I was curious how gnu tar would treat a tar archive with a pax header setting the file name to clearly/a/directory/
followed by a header for an empty file placeholder
with normal link indicator. So I created that with ocaml-tar, and interestingly tar treats the contents as a directory clearly/a/directory/
:
$ tar -tvf pax-shenanigans.tar
dr-------- 0/0 0 1970-01-01 01:00 clearly/a/directory/
Here's the sample archive (gzipped so github accepts it) pax-shenanigans.tar.gz
I will make a PR shortly implementing your second proposal.
tar.2.5.1 has been submitted to opam-repository with a fix. Thank you for the report and the discussion on how to fix it.
It seems that I was wrong: the fix up for link_indicator
should be done in read_header
instead: file_name
is being updated there.
And I encountered archive (which unfortunately I can't provide) there LongLink
contains full name and file_name
is cut off right after /
.
This is how I fixed the issue locally (probably missed a couple of other issues):
diff --git a/lib/tar.ml b/lib/tar.ml
index 0ff1346..16de231 100644
--- a/lib/tar.ml
+++ b/lib/tar.ml
@@ -522,17 +522,7 @@ module Header = struct
let mod_time = match extended.Extended.mod_time with
| None -> get_hdr_mod_time c
| Some x -> x in
- let link_indicator =
- let link_indicator = get_hdr_link_indicator c in
- (* For backward compatibility we treat normal files ending in slash
- as directories.
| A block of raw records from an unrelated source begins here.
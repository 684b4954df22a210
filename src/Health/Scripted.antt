-- ===== src/Health/Scripted.antt =====
-- `wait_until_healthy` against a client that answers from a queue.
use Prim.Native.Nat.{max}
use hostinger.Prelude.{
  ℕ, zero, suc, String, ◌≡◌, refl, Bool, true, false, none, some, ◌||◌, inl, inr, List, [], ◌∷◌,
  ◌++◌, any, take, Bool-cases, ltb,
}
use hostinger.Exec.{Result, ok, World, call, now_utc, sleep, continue}
use hostinger.Health.{
  HealthPolicy, HealthAttemptRecord, HealthCheckResult, ProbeResponse, verdict, last_error,
  probe_once, probe_url, pause, poll, wait_until_healthy,
}
use hostinger.Health.Mock.{MockClient, take_response, mock_client}

abbrev pub passes : HealthPolicy → Result String ProbeResponse → Bool
passes policy answer = (verdict policy answer).1

any-take :
    (policy : HealthPolicy) (left : ℕ) (q : List (Result String ProbeResponse))
    → any (passes policy) (take (suc left) q)
      ≡ (passes policy (take_response q).0 || any (passes policy) (take left (take_response q).1))
unfolding verdict
any-take policy zero [] = refl
any-take policy (suc left) [] = refl
any-take policy left (r ∷ q) = refl

module _ {E : Type 0} (url : String) (policy : HealthPolicy) where
  probe_mock :
      (n : ℕ) (w : World MockClient)
      → (a : HealthAttemptRecord) × (w' : World MockClient) × (probe_once {E = E} mock_client url
            policy n w
          ≡ (ok a, w'))
        × (a.is_healthy ≡ passes policy (take_response w.db.queued_responses).0)
        × (w'.db.queued_responses ≡ (take_response w.db.queued_responses).1)
  unfolding probe_once now_utc call
  probe_mock n w = (_, _, refl, refl, refl)

  pause_mock :
      (left : ℕ) (w : World MockClient)
      → (w' : World MockClient) × (pause {E = E} policy left w ≡ (ok tt, w'))
        × (w'.db.queued_responses ≡ w.db.queued_responses)
  unfolding pause sleep
  pause_mock zero w = (w, refl, refl)
  pause_mock (suc left) w = elim (Bool-cases (ltb 0 policy.interval)) [
    | inl e ↦ (record w { step = suc w.step }, rw e refl, refl)
    | inr e ↦ (w, rw e refl, refl)
  ]

  poll_mock :
      (left n : ℕ) (attempts : List HealthAttemptRecord) (w : World MockClient)
      → (r : HealthCheckResult) × ((poll {E = E} mock_client url policy left n attempts w).0 ≡ ok r)
        × (r.is_healthy ≡ any (passes policy) (take left w.db.queued_responses))
  unfolding poll
  poll_mock zero n attempts w = (
    record { is_healthy = false; attempts = attempts; final_error = some (last_error attempts) },
    refl,
    refl,
  )
  poll_mock (suc left) n attempts w =
      let (a, w', e, v, q) = probe_mock n w in
      elim (Bool-cases a.is_healthy) [
        | inl healthy ↦ (
          record { is_healthy = true; attempts = attempts ++ a ∷ []; final_error = none },
          rw (e, continue, healthy) refl,
          rw any-take (rw (← v) (rw healthy refl)),
        )
        | inr unhealthy ↦
            let (w'', p, q') = pause_mock left w' in
            let (r, s, t) = poll_mock left (suc n) (attempts ++ a ∷ []) w'' in
            (
              r,
              rw (e, continue, unhealthy) (rw (p, continue) s),
              rw any-take (rw (← v) (rw unhealthy (rw (← q, ← q') t))),
            )
      ]

module _ (policy : HealthPolicy) where
  -- Against scripted answers, the wait succeeds exactly if one of the first `attempts` answers (of
  -- the first one, if `attempts` is 0) meets the policy.
  pub wait-healthy_iff :
      {E : Type 0} (base_url : String) (w : World MockClient)
      → (r : HealthCheckResult) × ((wait_until_healthy {E = E} mock_client base_url policy w).0
          ≡ ok r)
        × (r.is_healthy ≡ any (passes policy) (take (max policy.attempts 1) w.db.queued_responses))
  unfolding wait_until_healthy sleep
  wait-healthy_iff {E} base_url w = elim (Bool-cases (ltb 0 policy.grace_period)) [
    | inl e ↦
        let (r, q, s) =
          poll_mock {E = E} (probe_url base_url policy.path) policy (max policy.attempts 1) 1 []
            (record w { step = suc w.step }) in
        (r, rw (e, continue) q, s)
    | inr e ↦
        let (r, q, s) =
          poll_mock {E = E} (probe_url base_url policy.path) policy (max policy.attempts 1) 1 []
            w in
        (r, rw (e, continue) q, s)
  ]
Because [Link.of_char] treats unrecognized link
- indicator values as normal files we check directly *)
- if String.length file_name > 0 && file_name.[String.length file_name - 1] = '/' &&
- (link_indicator = '0' || link_indicator = '\000') then
- Link.Directory
- else
- Link.of_char ~level link_indicator
- in
+ let link_indicator = Link.of_char ~level (get_hdr_link_indicator c) in
let uname = match extended.Extended.uname with
| None -> if ustar then get_hdr_uname c else ""
| Some x -> x in
@@ -718,6 +708,17 @@ module HeaderReader(Async: ASYNC)(Reader: READER with type 'a t = 'a Async.t) =
| None -> return (Error `Eof)
end in
+ let true_link_indicator link_indicator file_name =
+ (* For backward compatibility we treat normal files ending in slash
+ as directories. Because [Link.of_char] treats unrecognized link
+ indicator values as normal files we check directly *)
+ if String.length file_name > 0
+ && file_name.[String.length file_name - 1] = '/'
+ && link_indicator = Header.Link.Normal then
+ Header.Link.Directory
+ else
+ link_indicator in
+
let rec read_header (file_name, link_name, hdr) : (Header.t, [`Eof]) result Async.t =
let raw_link_indicator = Header.get_hdr_link_indicator buffer in
if (raw_link_indicator = 'K' || raw_link_indicator = 'L') && level = Header.GNU then
@@ -738,7 +739,8 @@ module HeaderReader(Async: ASYNC)(Reader: READER with type 'a t = 'a Async.t) =
else begin
let link_name = if link_name = "" then hdr.Header.link_name else link_name in
let file_name = if file_name = "" then hdr.Header.file_name else file_name in
- return (Ok {hdr with Header.link_name; file_name })
+ let link_indicator = true_link_indicator hdr.Header.link_indicator file_name in
+ return (Ok {hdr with Header.link_name; file_name; link_indicator })
end in
get_hdr ()
>>= function
reopening, thanks for your testing and reporting!
Dear @gravicappa, thank you for your report and for sharing your own fix, and sorry for not reacting earlier.
Unfortunately Link.of_char
returns Link.Normal
if the link indicator is unknown - so maybe a bit too much is treated as directories. Ideally, only '0'
and '\000'
would receive this treatment. I don't know how often these unknown-to-us link indicators occur in the wild, and I imagine the chances are slim that they end in a slash so your solution is probably acceptable. In #127 I will reconsider returning Link.Normal
on "unknown" link indicators.
A fix's released in 2.6.0. I will keep this issue open until I have a fix for the next
branch as well. Thanks again for your reports and suggestions!
Done in #127
As written here.
And I have encountered archives like that.